Nel paese dei “non luogo a procedere” da anni si cammina sul posto, anzi si retrocede; gran parte delle forze partitiche condividono “responsabilità di governo” e appare quasi paradossale che a far la voce grossa, antigovernativa (ma ancora per poco) sia il partito che in definitiva già detta legge, quello dei decreti reiterati e del mantra dei tagli alla spesa pubblica. Dall’altra parte dell’emiciclo i due parlamentari dell’Mps sventagliano interrogazioni ormai quotidiane, vista la crescente frequenza di “casi” che andrebbero discussi e affrontati seriamente ma che l’esecutivo accoglie ormai come fosse la pubblicità nella bucalettere di casa, oppure (nella migliore delle ipotesi) rinviando una presa di posizione a “quando la giustizia avrà fatto il suo corso”. Inutile ricordare in che condizioni si trovi attualmente la giustizia di casa nostra.
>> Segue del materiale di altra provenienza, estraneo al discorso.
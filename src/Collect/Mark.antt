-- ===== src/Collect/Mark.antt =====
-- src/collect.rs: `mark` as a whole. Each round takes a word off the stack, and a round that marks
-- an object puts at most one word more on it than the object has data words.
use x_engine_rust.Prelude.{
  ℕ, zero, suc, ◌+◌, ◌≤◌, ◌≡◌, refl, sym, ap, ◌∙◌, ◌↔◌, ◌⊎◌, inl, inr, Bool, true, false, ◌||◌,
  some, List, [], ◌∷◌, arith, ◌==◌, if◌then◌else◌, ==_iff, Bool-cases, length,
}
use mathlib.Core.List.{Memᴰ}
use mathlib.Core.List.Memᴰ
use mathlib.Core.Bool.{true≢false}
use x_engine_rust.Obj.{Obj, is_nil}
use x_engine_rust.Objects.{Objects, flags_word, kind_bits, type_of_word, data_len}
use x_engine_rust.Collect.{is_marked, set_mark, children, visit, mark}
use x_engine_rust.Collect.Visit.{
  length-push_each, with_type, visit_other, visit_marked, visit_fresh,
}
use x_engine_rust.Collect.Edges.{is_object, Reachable}
use x_engine_rust.Collect.Marks.{IsTraced, Marks, Marks-refl, Marks-children, is_marked-set_mark}
use x_engine_rust.Collect.Tracing.{Tracing, drop-Tracing, fresh-Tracing, onto}

-- The rounds that the objects without a mark can still cost.
abbrev pub work : Objects → Objects → List Obj → ℕ
work s t [] = 0
work s t (o ∷ objs) = (if is_marked t o then 0 else 1 + data_len s o) + work s t objs

length-with_type : (ty : Obj) (stack : List Obj) → length (with_type ty stack) ≤ 1 + length stack
length-with_type ty stack = elim (Bool-cases (is_nil ty)) [
  | inl e ↦ rw e (omega arith)
  | inr e ↦ rw e (omega arith)
]

module _ (s : Objects) (objs roots : List Obj) (a : IsTraced s objs)
    (start : (w : Obj) → Memᴰ w roots → is_object s w ≡ true → Memᴰ w objs) where
  share : (b m : Bool) (c : ℕ) → (if b || m then 0 else c) ≤ (if m then 0 else c)
  share true true c = omega arith
  share true false c = omega arith
  share false true c = omega arith
  share false false c = omega arith

  work_at_most :
      (t u : Objects) (o : Obj) (ps : List Obj)
      → ((p : Obj) → Memᴰ p ps → is_marked u p ≡ (p == o || is_marked t p))
      → work s u ps ≤ work s t ps
  work_at_most t u o [] now = omega arith
  work_at_most t u o (p ∷ ps) now =
      let ih = work_at_most t u o ps (λ q h. now q (Memᴰ.tail h)) in
      rw (now p (Memᴰ.head refl)) (omega (arith, share (p == o) (is_marked t p) (1 + data_len s p)))

  -- Marking an object takes its share off the work.
  work_falls :
      (t u : Objects) (o : Obj) (ps : List Obj)
      → is_marked t o ≡ false
      → ((p : Obj) → Memᴰ p ps → is_marked u p ≡ (p == o || is_marked t p))
      → Memᴰ o ps
      → work s u ps + (1 + data_len s o) ≤ work s t ps
  work_falls t u o [] fresh now h = absurd (Memᴰ.not-nil h)
  work_falls t u o (p ∷ ps) fresh now h = elim (Memᴰ.cases_cons h) [
    | inl e ↦
        let here : is_marked t p ≡ false = ap (is_marked t) (sym e) ∙ fresh in
        let rest_of = work_at_most t u o ps (λ q z. now q (Memᴰ.tail z)) in
        let same : data_len s o ≡ data_len s p = ap (data_len s) e in
        rw (now p (Memᴰ.head refl), (==_iff p o).1 (sym e), here) (omega arith)
    | inr z ↦
        let ih = work_falls t u o ps fresh (λ q z. now q (Memᴰ.tail z)) z in
        rw (now p (Memᴰ.head refl))
          (omega (arith, share (p == o) (is_marked t p) (1 + data_len s p)))
  ]

  length-onto :
      (o : Obj)
      → Memᴰ o objs
      → (stack : List Obj)
      → length (onto s objs roots a start o stack) ≤ 1 + data_len s o + length stack
  length-onto o h stack =
      let few = (Marks-children a (Marks-refl a) h).1 in
      let more = length-with_type (type_of_word s o) stack in
      omega (
        arith,
        length-push_each (children s o (kind_bits (flags_word s o)) (data_len s o))
            (with_type (type_of_word s o) stack),
      )

  mark_step :
      (fuel : ℕ) (t u : Objects) (o : Obj) (stack stack' : List Obj)
      → visit t o stack ≡ (u, stack')
      → mark (suc fuel) (o ∷ stack) t ≡ mark fuel stack' u
  mark_step fuel t u o stack stack' e =
      unfold mark in ap (λ (r : Objects × List Obj). mark fuel r.1 r.0) e

  trace :
      (fuel : ℕ) (t : Objects) (stack : List Obj)
      → Tracing s objs roots t stack
      → length stack + work s t objs ≤ fuel
      → (u : Objects) × (mark fuel stack t ≡ some u) × Tracing s objs roots u []
  unfolding mark
  trace fuel t [] k enough = (t, stop fuel, k)
    where
      stop : (fuel : ℕ) → mark fuel [] t ≡ some t
      stop zero = refl
      stop (suc fuel) = refl
  trace zero t (o ∷ stack) k enough = absurd (omega arith)
  trace (suc fuel) t (o ∷ stack) k enough = elim (Bool-cases (is_object s o)) [
    | inr e ↦
        let (u, run, z) =
          trace fuel t stack (drop-Tracing s objs roots a start k (inl e)) (omega arith) in
        (u, mark_step fuel t t o stack stack (visit_other a k.marks o stack e) ∙ run, z)
    | inl e ↦ elim (Bool-cases (is_marked t o)) [
      | inl d ↦
          let (u, run, z) =
            trace fuel t stack (drop-Tracing s objs roots a start k (inr d)) (omega arith) in
          (u, mark_step fuel t t o stack stack (visit_marked a k.marks o stack d) ∙ run, z)
      | inr d ↦
          let h = (k.grey (Memᴰ.head refl) e).0 in
          let falls =
            work_falls t (set_mark t o) o objs d (λ p hp. is_marked-set_mark a k.marks h d hp) h in
          let grows = length-onto o h stack in
          let (u, run, z) =
            trace fuel (set_mark t o) (onto s objs roots a start o stack)
              (fresh-Tracing s objs roots a start k e d) (omega arith) in
          (
            u,
            mark_step fuel t (set_mark t o) o stack (onto s objs roots a start o stack)
                  (visit_fresh a k.marks o stack h e d)
                ∙ run,
            z,
          )
    ]
  ]

-- The mark pass from the roots, over objects of which none is marked, with fuel for the roots and
-- for each object with its data: it returns; the objects marked are just those that the roots lead
-- to; the arena is valid, no field but the arena changes, and a word of the arena changes only if
-- it is the flags word of an object, and then in its top bit alone.
pub mark-Reachable :
    (objs roots : List Obj) (fuel : ℕ) (s : Objects)
    → IsTraced s objs
    → ((w : Obj) → Memᴰ w roots → is_object s w ≡ true → Memᴰ w objs)
    → length roots + work s s objs ≤ fuel
    → (t : Objects) × (mark fuel roots s ≡ some t)
      × Marks s objs t
      × ((o : Obj) → Memᴰ o objs → (is_marked t o ≡ true) ↔ Reachable s roots o)
mark-Reachable objs roots fuel s a start enough =
    let (t, run, k) = trace s objs roots a start fuel s roots first_round enough in
    (t, run, k.marks, λ o h. (λ marked. k.sound h marked, λ r. (reaches t k r).1))
  where
    first_round : Tracing s objs roots s roots
    first_round = record {
      marks = Marks-refl a;
      black = λ h marked e obj. absurd (true≢false (sym marked ∙ a.unmarked h));
      rooted = λ h obj. inr h;
      sound = λ h marked. absurd (true≢false (sym marked ∙ a.unmarked h));
      grey = λ h obj. (start _ h obj, Reachable.root h obj);
    }

    settled : (t : Objects) (w : Obj) → (is_marked t w ≡ true) ⊎ Memᴰ w [] → is_marked t w ≡ true
    settled t w (inl e) = e
    settled t w (inr h) = absurd (Memᴰ.not-nil h)

    reaches :
        (t : Objects) {o : Obj}
        → Tracing s objs roots t []
        → Reachable s roots o
        → Memᴰ o objs × (is_marked t o ≡ true)
    reaches t {o} k (Reachable.root h obj) = (start o h obj, settled t o (k.rooted h obj))
    reaches t {o} k (Reachable.edge r e obj) =
        let (h, marked) = reaches t k r in (a.closed h e obj, settled t o (k.black h marked e obj))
Ma tant’è: da destra come da sinistra si rinvia a procedimenti penali o amministrativi con comunicati (magari affidati all’avvocato di fiducia di un ministro) che impugnano e giustificano il silenzio di fondo, accusando pesantemente chi solleva le questioni: e vai con la “panna montata” e con il “fango sulle istituzioni” attribuiti naturalmente agli avversari politici, a sindacati che fanno il loro semplice lavoro di difendere un docente licenziato, e soprattutto ai media (non tutti, diciamolo, solo quelli “mainstream”).
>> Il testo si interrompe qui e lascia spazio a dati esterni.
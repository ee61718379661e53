-- ===== src/Collect/Round.antt =====
-- src/collect.rs: one round of the sweep, at one object.
use x_engine_rust.Prelude.{
  ℕ, ◌%◌, ◌^◌, bit_and, ◌≡◌, refl, ◌∙◌, inl, inr, Bool, true, false, ◌∷◌, arith, if◌then◌else◌,
  Bool-cases,
}
use x_engine_rust.Obj.{Obj, IsWord, bit_not}
use x_engine_rust.Heap.Words.{IsValid}
use x_engine_rust.Objects.{
  Objects, bucket, set_bucket, flags_word, set_flags_word, chain_next, set_chain_next,
}
use x_engine_rust.Objects.Header.{IsPlace}
use x_engine_rust.Collect.{mark_bit, freed_word, is_marked, clear_mark, release, sweep_key}
use x_engine_rust.Collect.Chain.{
  Touches, Touches-place, Touches-trans, unmarked_word, set_flags_word-Touches,
  flags_word-set_flags_word, set_chain_next-Touches, chain_next-set_chain_next,
  flags_word-set_chain_next,
}

abbrev pub swept_flags : (Obj → Bool) → Obj → ℕ → ℕ
swept_flags m o w = if m o then w % 2 ^ 63 else freed_word

-- What the loop reads of the objects ahead: their marks and their keys.
abbrev pub Reads : Objects → (Obj → Bool) → (Obj → ℕ) → Obj → Type 0
Reads s m key o = (is_marked s o ≡ m o) × (sweep_key s o ≡ key o)

-- One round at the object `o`, which links to `kept` if it is marked.
abbrev pub round : Objects → Obj → Obj → Bool → Objects
round s o kept marked = if marked then set_chain_next (clear_mark s o) o kept else release s o

pub record Round (s : Objects) (m : Obj → Bool) (key : Obj → ℕ) (o kept : Obj) (t : Objects)
    : Type 0 where
  pub touches : Touches s o t
  pub linked : m o ≡ true → chain_next t o ≡ kept
  pub flagged : flags_word t o ≡ swept_flags m o (flags_word s o)
  pub free :
      t.free ≡ (if m o then s.free else set_bucket s.free (key o) (o ∷ bucket s.free (key o)))

module _ (s : Objects) (ok : IsValid s.heap) (m : Obj → Bool) (key : Obj → ℕ) {o : Obj}
    (p : IsPlace s.heap o 0) (r : Reads s m key o) (kept : Obj) (small : IsWord kept) where
  cleared-IsWord : IsWord (bit_and (flags_word s o) (bit_not mark_bit))
  cleared-IsWord = rw (unmarked_word (flags_word s o)) (omega arith)

  keep-Round : m o ≡ true → Round s m key o kept (set_chain_next (clear_mark s o) o kept)
  unfolding clear_mark
  keep-Round e =
      let d1 = set_flags_word-Touches s ok p _ cleared-IsWord in
      let p1 = Touches-place ok d1 p in
      let s1 = clear_mark s o in
      let d2 = set_chain_next-Touches s1 d1.valid p1 kept small in
      record {
        touches = Touches-trans d1 d2;
        linked = λ _. chain_next-set_chain_next s1 d1.valid p1 kept small;
        flagged =
            flags_word-set_chain_next s1 d1.valid p1 kept small
            ∙ flags_word-set_flags_word s ok p _ cleared-IsWord
            ∙ unmarked_word (flags_word s o)
            ∙ rw e;
        free = rw e (d2_free (clear_mark s o));
      }
    where
      d2_free : (t : Objects) → (set_chain_next t o kept).free ≡ t.free
      d2_free t = unfold set_chain_next in refl

  -- A released object has its flags word stamped and goes on the free list.
  stamped : Objects
  stamped = set_flags_word s o freed_word

  drop-Round : m o ≡ false → s.poison_freed ≡ false → Round s m key o kept (release s o)
  unfolding set_flags_word flags_word
  drop-Round e clean =
      let d = set_flags_word-Touches s ok p freed_word (omega arith) in
      rw released_state (record {
        touches = record {
          valid = d.valid;
          size = d.size;
          others = refl;
          kept = d.kept;
          length_kept = d.length_kept;
        };
        linked = λ z. cc;
        flagged = rw e (flags_word-set_flags_word s ok p freed_word (omega arith));
        free = rw (e, r.1);
      })
    where
      put_free : Objects → Objects
      put_free t = record t {
        free = set_bucket t.free (sweep_key s o) (o ∷ bucket t.free (sweep_key s o));
      }

      released_state : release s o ≡ put_free (set_flags_word s o freed_word)
      released_state = unfold release in simp clean

  pub sweep_round : s.poison_freed ≡ false → Round s m key o kept (round s o kept (m o))
  sweep_round clean = elim (Bool-cases (m o)) [
    | inl e ↦ rw e (keep-Round e)
    | inr e ↦ rw e (drop-Round e clean)
  ]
Sicché, fra panna e palta, in Parlamento è tutto un discutere non tanto del merito dei vari dossier ma di come adattarli per ottenere maggioranze, perché, si sa, la politica è l’arte del compromesso. C’è però chi a questo scenario sempre più avulso dalla realtà quotidiana dei cittadini, non riesce ad adattarsi passivamente. Sono quelli che “scendono in piazza”, erredipizzati direbbe qualcuno evocando la Rete di difesa delle pensioni pubbliche che negli ultimi anni e mesi ha inciso non poco nell’indurre anche i tradizionali sindacati a sostenere battaglie pubbliche di opposizione alla politica salariale e pensionistica nei confronti del personale dello Stato. Ma apriti cielo, già si invita da più parti a non tirare troppo la corda, come se pretendere il dovuto fosse considerato un ammutinamento, la difesa di presunti “privilegi”, dimenticando (o sottacendo) il fatto che manifestare in piazza non è una moda (come è riuscito a dire Gianni Righinetti) ma un diritto democratico, cui oggi più che mai devono ricorrere quei cittadini che vorrebbero (e non trovano) una politica o un partito che in sede istituzionale li sappia rappresentare. La piazza diviene così, uno spazio pubblico di dibattito e confronto che non solo appare alternativo alla sempre più opaca pratica consociativa istituzionale, ma che torna anche a offrire, “dal basso”, un luogo fisico indispensabile perché una serie di rivendicazioni possano unire esigenze e vissuti individuali dentro un progetto collettivo. Certo, la piazza può spiazzare, preoccupare e far scricchiolare scranni e strapuntini: ma ci sono alternative?